Положение в те дни было напряженным: только что стало известно о том, что председатель военного трибунала в Бургосе полковник Гонсалес потребует смерти для шестерых и 750 лет тюрьмы для остальных десятерых патриотов Испании, басков, брошенных в застенки по сфабрикованным обвинениям.

В первый же день процесса защитник обвиняемого Иско де ла Хиелесиаса доказал всю шаткость и несостоятельность улик. Обвиняемый Хосе Абрискета сказал: "В течение восьми дней меня пытали так, что я мог подписать заявление, будто убил комиссара полиции или любого другого человека..."

Католический священник из Страны Басков Хуан Мария Аррегуй выступил в Риме и рассказал на пресс-конференции о пытках, которым подвергались арестованные в Бургосе. Избивая обвиняемого Эдуарде Уриарте, полицейские сломали три дубинки и две палки.

Шестерым патриотам Испании, людям, которые страстно любят свою родину, грозит смерть. Весь мир требует остановить руку тех, кто попирает свободу. Процесс над Анджелой Дэвис, кровавые издевательства в греческих застенках, судилище в Бургосе - все это звенья одной цепи в империалистическом заговоре против гуманности и человеческого достоинства.
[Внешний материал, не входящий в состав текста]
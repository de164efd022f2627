-- ===== src/Runtime/Tick/Verified.antt =====
-- A successful tick of src/qas/runtime.py has passed every test that the code makes of it.
use qwen_autonomous_supervis.Prelude.{
  String, eq_iff, ◌≡◌, refl, sym, ap, ◌∙◌, inl, inr, Bool, true, false, Option, some, List, [], ◌∷◌,
  ◌&&◌, not, All, Bool-cases, arith, if◌then◌else◌,
}
use qwen_autonomous_supervis.Json.{Json, Fields, get, truthy}
use qwen_autonomous_supervis.Errors.{Exception, Result, ok, err, text}
use qwen_autonomous_supervis.Effects.Returns.{
  Yields, Returns, Yields-ok, Returns-bind, Returns-any, Returns-answer, Returns-give,
  Returns-throw, Returns-catch, Returns-finally, Returns-throw_if, Returns-imp,
}
use qwen_autonomous_supervis.Config.{SupervisorConfig, GateConfig}
use qwen_autonomous_supervis.Policy.{assert_governance}
use qwen_autonomous_supervis.Ledger.{Ledger}
use qwen_autonomous_supervis.Qwen.{ProcessResult, Session}
use qwen_autonomous_supervis.Qwen.Output.{validated_output}
use qwen_autonomous_supervis.Runtime.Answers.{Answers, Tools, TickOutcome}
use qwen_autonomous_supervis.Runtime.Tick.Steps.{Tick, str_of}
use qwen_autonomous_supervis.Runtime.Tick.Phases.{
  prepare, coordinate, inspect, verify, run_gates, is_changed, is_empty, has_failed,
  coordinator_keys,
}
use qwen_autonomous_supervis.Runtime.Evidence.{
  Reaction, pauses, blocks, violates, breaks, fails, escapes, reaction,
}
use qwen_autonomous_supervis.Runtime.Tick.Handler.{
  recover_from, pause, fail_tick, await_dependency, count_and_wait, may_be_transient,
}
use qwen_autonomous_supervis.Runtime.Tick.Run.{
  demand_review, qualify, finish_tick, work, supervise, busy, begin, note_start, tick,
}
use qwen_autonomous_supervis.Runtime.Tick.Success.{
  IsReviewed, HasPassed, IsQualified, IsVerified, Returns-review,
}

module _ (c : SupervisorConfig) (t : Tools) (a : Answers) where
  Returns-gates :
      (gs : List GateConfig) → Returns (λ _. All (HasPassed c t a) gs) (run_gates c t a gs)
  unfolding run_gates
  Returns-gates [] = Returns-give _ tt
  Returns-gates (g ∷ gs) = Returns-bind _ _ (Returns-answer _) λ run q.
      Returns-bind _ _ (Returns-any _) λ _ _. Returns-bind _ _ (Returns-throw_if _ _) λ _ p.
        Returns-bind _ _ (Returns-gates gs) λ _ rest.
          Returns-give _ (record { run = run; answered = q; passed = ground (arith, p) }, rest)

  is_empty-eq : (vs : List Json) → not (is_empty c t a vs) ≡ false → vs ≡ []
  is_empty-eq [] h = refl
  is_empty-eq (v ∷ vs) h = cc

  abbrev Scanned : Type 0
  Scanned =
      (d : String) × ((a.diff ≡ ok d)
        × ((t.scan_added_secrets d ≡ []) × All (HasPassed c t a) c.quality_gates))

  Returns-verify : Returns (λ _. Scanned) (verify c t a)
  unfolding verify
  Returns-verify = Returns-bind _ _ (Returns-answer _) λ diff q.
      Returns-bind _ _ (Returns-any _) λ _ _. Returns-bind _ _ (Returns-throw_if _ _) λ _ p.
        Returns-bind _ _ (Returns-gates c.quality_gates)
          λ _ gates. Returns-give _ (diff, (q, (is_empty-eq _ p, gates)))

  Returns-demand :
      (output : Fields) (p : ProcessResult)
      → Returns
          (λ passed. (passed ≡ some true) × IsReviewed c t a p.session_id)
          (demand_review c t a output p)
  unfolding demand_review
  Returns-demand output p = Returns-bind _ _ (Returns-any _) λ _ _.
      Returns-bind _ _ (Returns-review c t a p.session_id) λ passed r.
        Returns-bind _ _ (Returns-throw_if _ _)
          λ _ n. let yes : passed ≡ true = ground (arith, n) in Returns-give _ (ap some yes, r yes)

  Returns-qualify :
      (output : Fields) (p : ProcessResult) (mutation : Bool)
      → Returns
          (λ passed. mutation ≡ true → IsQualified c t a p.session_id passed)
          (qualify c t a output p mutation)
  unfolding qualify
  Returns-qualify output p true = Returns-bind _ _ Returns-verify λ _ v.
      elim (Bool-cases c.review.enabled) [
        | inl on ↦ simp on (
            Returns-imp _ (Returns-demand output p) λ passed d _. record {
              diff = v.0;
              changed = v.1.0;
              clean = v.1.1.0;
              gates = v.1.1.1;
              reviewed = λ _. d;
            })
        | inr off ↦ simp off (
            Returns-give _ λ _. record {
              diff = v.0;
              changed = v.1.0;
              clean = v.1.1.0;
              gates = v.1.1.1;
              reviewed = λ on. cc off;
            })
      ]
  Returns-qualify output p false = Returns-give _ (λ h. cc)

  abbrev Begun : String × Json → Type 0
  Begun b = (a.baseline ≡ ok b.0) × (a.snapshot ≡ ok b.1)

  Returns-prepare : Returns Begun (prepare c t a)
  unfolding prepare
  Returns-prepare = Returns-bind _ _ (Returns-any _) λ _ _. Returns-bind _ _ (Returns-any _) λ _ _.
      Returns-bind _ _ (Returns-answer _) λ baseline q. Returns-bind _ _ (Returns-any _) λ _ _.
        Returns-bind _ _ (Returns-any _) λ _ _. Returns-bind _ _ (Returns-any _) λ _ _.
          Returns-bind _ _ (Returns-any _) λ _ _. Returns-bind _ _ (Returns-any _) λ _ _.
            Returns-bind _ _ (Returns-any _) λ _ _. Returns-bind _ _ (Returns-any _) λ _ _.
              Returns-bind _ _ (Returns-any _) λ _ _.
                Returns-bind _ _ (Returns-answer _)
                  λ snapshot r. Returns-bind _ _ (Returns-any _) λ _ _. Returns-give _ (q, r)

  abbrev Coordinated : ProcessResult → Type 0
  Coordinated p =
      (s : Session) × ((a.coordinator ≡ ok s) × ((s.result ≡ ok p) × (has_failed p ≡ false)))

  Returns-coordinate : Returns Coordinated (coordinate c t a)
  unfolding coordinate
  Returns-coordinate = Returns-bind _ _ (Returns-any _) λ _ _.
      Returns-bind _ _ (Returns-any _) λ _ _. Returns-bind _ _ (Returns-answer _) λ session q.
        Returns-bind _ _ (Returns-any _) λ _ _. Returns-bind _ _ (Returns-answer _) λ p r.
          Returns-bind _ _ (Returns-any _) λ _ _. Returns-bind _ _ (Returns-any _) λ _ _.
            Returns-bind _ _ (Returns-any _) λ _ _. Returns-bind _ _ (Returns-any _) λ _ _.
              Returns-bind _ _ (Returns-throw_if _ _)
                λ _ f. Returns-bind _ _ (Returns-any _) λ _ _. Returns-give _ (session, (q, (r, f)))

  -- What the inspection of the coordinator's output has seen.
  record Inspected (baseline : String) (before : Json) (p : ProcessResult) (output : Fields)
      : Type 0 where
    read_from :
        validated_output t.loads (coordinator_keys c t a) p.structured_output p.stdout_lines
        ≡ ok output
    clean : a.final_status ≡ ok ""
    paths : List String
    changed : a.changed_after ≡ ok paths
    governed : assert_governance t.fnmatch c.governance.protected_paths paths ≡ ok tt
    head : String
    after : Json
    now : (a.head_after ≡ ok head) × (a.after_snapshot ≡ ok after)
    honest :
        truthy (get "mutation" output) ≡ false → is_changed c t a baseline before head after ≡ false

  Returns-inspect :
      (b : String × Json) (p : ProcessResult) → Returns (Inspected b.0 b.1 p) (inspect c t a b p)
  unfolding inspect
  Returns-inspect b p = Returns-bind _ _ (Returns-answer _) λ output q.
      Returns-bind _ _ (Returns-any _) λ _ _. Returns-bind _ _ (Returns-answer _) λ status r.
        Returns-bind _ _ (Returns-throw_if _ _) λ _ n.
          Returns-bind _ _ (Returns-answer _) λ paths s. Returns-bind _ _ (Returns-answer _) λ u g.
            Returns-bind _ _ (Returns-answer _) λ after x. Returns-bind _ _ (Returns-any _) λ _ _.
              Returns-bind _ _ (Returns-answer _) λ head y.
                Returns-bind _ _ (Returns-throw_if _ _) λ _ z.
                  Returns-bind _ _ (Returns-any _) λ _ _.
                    let empty : status ≡ "" = (eq_iff status "").0 (ground (arith, n)) in
                    Returns-give _ (record {
                      read_from = q;
                      clean = r ∙ ap ok empty;
                      paths = paths;
                      changed = s;
                      governed = g;
                      head = head;
                      after = after;
                      now = (y, x);
                      honest = λ m. ground (arith, z, m);
                    })

  Returns-finish :
      (output : Fields) (passed : Option Bool)
      → Returns
          (λ o. (o.state ≡ str_of t.spelled (get "state" output)) × (o.review_passed ≡ passed))
          (finish_tick c t a output passed)
  unfolding finish_tick
  Returns-finish output passed = Returns-bind _ _ (Returns-any _) λ _ _.
      Returns-bind _ _ (Returns-any _)
        λ _ _. Returns-bind _ _ (Returns-any _) λ _ _. Returns-give _ (refl, refl)

  Returns-work : Returns (IsVerified c t a) (work c t a)
  unfolding work
  Returns-work = Returns-bind _ _ Returns-prepare λ b began.
      Returns-bind _ _ Returns-coordinate λ p ran.
        Returns-bind _ _ (Returns-inspect b p) λ output i.
          Returns-bind _ _ (Returns-qualify output p (truthy (get "mutation" output))) λ passed k.
            Returns-imp _ (Returns-finish output passed) λ o f. record {
              session = ran.0;
              process = p;
              output = output;
              coordinated = ran.1.0;
              ended = ran.1.1.0;
              exited = ran.1.1.1;
              read_from = i.read_from;
              state = f.0;
              clean = i.clean;
              paths = i.paths;
              changed = i.changed;
              governed = i.governed;
              baseline = b.0;
              head = i.head;
              before = b.1;
              after = i.after;
              began = began;
              now = i.now;
              honest = i.honest;
              qualified = λ m. rw f.1 (k m);
            }

  abbrev Sound : TickOutcome → Type 0
  Sound o = o.success ≡ true → IsVerified c t a o

  -- An outcome of the `except` clauses is no success.
  unsuccessful-Sound : (m : Tick TickOutcome) → Returns (λ o. o.success ≡ false) m → Returns Sound m
  unsuccessful-Sound m h = Returns-imp _ h λ o n y. cc (n, y)

  Returns-pause : (e : Exception) → Returns (λ o. o.success ≡ false) (pause c t a e)
  unfolding pause
  Returns-pause e = Returns-bind _ _ (Returns-any _) λ _ _. Returns-bind _ _ (Returns-any _) λ _ _.
      Returns-bind _ _ (Returns-any _)
        λ _ _. Returns-bind _ _ (Returns-any _) λ _ _. Returns-give _ refl

  Returns-await : (e : Exception) → Returns (λ o. o.success ≡ false) (await_dependency c t a e)
  unfolding await_dependency
  Returns-await e = Returns-bind _ _ (Returns-any _) λ _ _.
      Returns-bind _ _ (Returns-any _)
        λ _ _. Returns-bind _ _ (Returns-any _) λ _ _. Returns-give _ refl

  Returns-count : (e : Exception) → Returns (λ o. o.success ≡ false) (count_and_wait c t a e)
  unfolding count_and_wait
  Returns-count e = Returns-bind _ _ (Returns-any _) λ _ _. Returns-bind _ _ (Returns-any _) λ _ _.
      Returns-bind _ _ (Returns-any _) λ _ _. Returns-bind _ _ (Returns-any _) λ _ _.
        Returns-bind _ _ (Returns-any _)
          λ _ _. Returns-bind _ _ (Returns-any _) λ _ _. Returns-give _ refl

  Returns-fail : (e : Exception) → Returns (λ o. o.success ≡ false) (fail_tick c t a e)
  unfolding fail_tick
  Returns-fail e = Returns-bind _ _ (Returns-any _) λ _ _.
      elim (Bool-cases (may_be_transient (reaction e) && t.is_transient (text e))) [
        | inl y ↦ rw y (Returns-await e)
        | inr n ↦ rw n (Returns-count e)
      ]

  Returns-recover :
      (e : Exception) (r : Reaction) → Returns (λ o. o.success ≡ false) (recover_from c t a e r)
  unfolding recover_from
  Returns-recover e pauses = Returns-pause e
  Returns-recover e escapes = Returns-throw _
  Returns-recover e blocks = Returns-fail e
  Returns-recover e violates = Returns-fail e
  Returns-recover e breaks = Returns-fail e
  Returns-recover e fails = Returns-fail e

  Returns-supervise : Returns Sound (supervise c t a)
  unfolding supervise
  Returns-supervise = Returns-bind _ _ (Returns-any _) λ _ _. Returns-finally _ _ (
      Returns-catch _ _ (Returns-imp _ Returns-work λ o v _. v)
        (λ e. unsuccessful-Sound _ (Returns-recover e _)))

  -- If a tick returns a success, then the coordinator's process ended with exit code 0 and its output
  -- was validated, and the outcome has that output's state; the worktree was clean; the paths changed
  -- since the tick began passed the test of protected paths; an output that reports no mutation left
  -- the head and the GitHub snapshot as they were; and if it reports one, the secret scan of the diff
  -- found nothing, every configured gate was run and passed and, if review is enabled, a reviewer
  -- whose session is not the coordinator's passed the change with no more critical findings than
  -- allowed.
  pub success-IsVerified :
      (l : Ledger) (o : TickOutcome)
      → (tick c t a l).0 ≡ ok o
      → o.success ≡ true
      → IsVerified c t a o
  unfolding tick
  success-IsVerified l o h y = split _ a.start_noted _ l (Returns-supervise.at _) h
    where
      split :
          (held : Bool) (noted : Result (Unit {0})) (x z : Ledger)
          → Yields Sound (supervise c t a (begin c t a x)).0
          → (if◌then◌else◌ {A = Result TickOutcome × Ledger} held
              (note_start c t a noted x)
              (ok (busy c t a), z)).0
            ≡ ok o
          → IsVerified c t a o
      split true (ok u) x z k q = Yields-ok {F = Sound} (rw (sym q) k) y
      split true (err e) x z k q = cc
      split false noted x z k q = cc (q, y)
...Той ночью в Карабанчели я видел лица испанцев - суровые лица честных людей, которые думают о будущем своей родины и поэтому самоотверженно борются за свободу. Они знают, чем рискуют. Они сознательны и тверды в своих решениях. Они выходят сейчас на улицы Мадрида, Севильи, Бургоса и Барселоны. По всей Испании нарастает широкая волна протестов. Прекратили работу трудящиеся крупнейших предприятий, закрылись магазины, учебные заведения; участники демонстрации в Мадриде несли по улицам города плакаты: "Требуем амнистии!", "Нет" военному трибуналу Бургоса!" И кто-то из них каждую ночь приносит на могилу Хулиана Гримау красные гвоздики - каждую ночь все эти годы.

Можно казнить человека - нельзя казнить правду".

(Этот короткий репортаж я передал в "Литературку" через неделю - уже из Парижа.)